[PATCH -mm] futex-pi: fix possible pi_lock deadlock

[Date Prev][Date Next][Thread Prev][Thread Next][Date Index][Thread Index]

 



From: Ingo Molnar <[email protected]>

The lock validator detected a possible deadlock between tasklist lock and
task->pi_lock.
Prevent the deadlock by disabling interrupts across pi_lock operations.

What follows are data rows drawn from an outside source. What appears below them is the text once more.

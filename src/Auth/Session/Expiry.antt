-- ===== src/Auth/Session/Expiry.antt =====
-- What the periodic clean-up of sessions takes away.
use back_orbit.Base.{
  ℕ, ◌+◌, ◌/◌, ◌<◌, ◌≤◌, true, false, List, [], ◌∷◌, ◌≡◌, refl, All, Any, arith, Bool-cases, inl,
  inr, length, ok,
}
use back_orbit.Base.Times.{nanos_per_second, stored_lt, stored_lt-false, stored_lt-true}
use back_orbit.Auth.Session.{Call, Row, SessionStore, delete_before, delete_expired}

abbrev pub second : ℕ → ℕ
second t = t / nanos_per_second

delete_before-left :
    (now : ℕ) (rs : List Row) → All (λ r. second now ≤ second r.expires_at) (delete_before now rs).1
unfolding delete_before
delete_before-left now [] = tt
delete_before-left now (r ∷ rs) = elim (Bool-cases (stored_lt r.expires_at now)) [
  | inl e ↦ rw (delete_before, e) (delete_before-left now rs)
  | inr e ↦ rw (delete_before, e) (stored_lt-false r.expires_at now e, delete_before-left now rs)
]

second_clash :
    (now : ℕ) (r x : Row)
    → second now < second r.expires_at
    → x ≡ r
    → stored_lt x.expires_at now ≡ true
    → ⊥
second_clash now r x later q e =
    let le : second x.expires_at ≤ second now = stored_lt-true x.expires_at now e in
    let same : second x.expires_at ≡ second r.expires_at = cc q in omega (arith, later, le, same)

delete_before-kept :
    (now : ℕ) (r : Row) (rs : List Row)
    → second now < second r.expires_at
    → Any (λ x. x ≡ r) rs
    → Any (λ x. x ≡ r) (delete_before now rs).1
unfolding delete_before
delete_before-kept now r [] later here = elim here [ ]
delete_before-kept now r (x ∷ xs) later here = elim (Bool-cases (stored_lt x.expires_at now)) [
  | inl e ↦
      rw (delete_before, e)
        (elim here [
          | inl q ↦ absurd (second_clash now r x later q e)
          | inr h ↦ delete_before-kept now r xs later h
        ])
  | inr e ↦
      rw (delete_before, e)
        (elim here [ inl q ↦ inl q | inr h ↦ inr (delete_before-kept now r xs later h) ])
]

delete_before-count :
    (now : ℕ) (rs : List Row)
    → (delete_before now rs).0 + length (delete_before now rs).1 ≡ length rs
unfolding delete_before
delete_before-count now [] = refl
delete_before-count now (r ∷ rs) = elim (Bool-cases (stored_lt r.expires_at now)) [
  | inl e ↦ rw (delete_before, e) (omega (arith, delete_before-count now rs))
  | inr e ↦ rw (delete_before, e) (omega (arith, delete_before-count now rs))
]

-- `DeleteExpired` keeps no session that ended in an earlier second than the present one, keeps each
-- that ends in a later second, and answers how many it deleted. Condition: the statement does not
-- fail. Within the present second the order of the stored texts decides.
pub delete_expired-exact :
    (c : Call) (s : SessionStore)
    → c.fails ≡ false
    → let (answer, t) = delete_expired c s in
      All (λ r. second c.now ≤ second r.expires_at) t.rows
      × ((r : Row)
          → second c.now < second r.expires_at
          → Any (λ x. x ≡ r) s.rows
          → Any (λ x. x ≡ r) t.rows)
      × ((n : ℕ) × (answer ≡ ok n) × (n + length t.rows ≡ length s.rows))
unfolding delete_expired
delete_expired-exact c s works =
    rw (delete_expired, works)
      (
        delete_before-left c.now s.rows,
        λ r later here. delete_before-kept c.now r s.rows later here,
        ((delete_before c.now s.rows).0, refl, delete_before-count c.now s.rows),
      )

Signed-off-by: Ingo Molnar <[email protected]>
Signed-off-by: Thomas Gleixner <[email protected]>

 kernel/futex.c   |   28 ++++++++++++------------
 kernel/rtmutex.c |   63 ++++++++++++++++++++++++++++++-------------------------
 kernel/sched.c   |   45 ++++++++++++++++++++++++++++++---------
 3 files changed, 84 insertions(+), 52 deletions(-)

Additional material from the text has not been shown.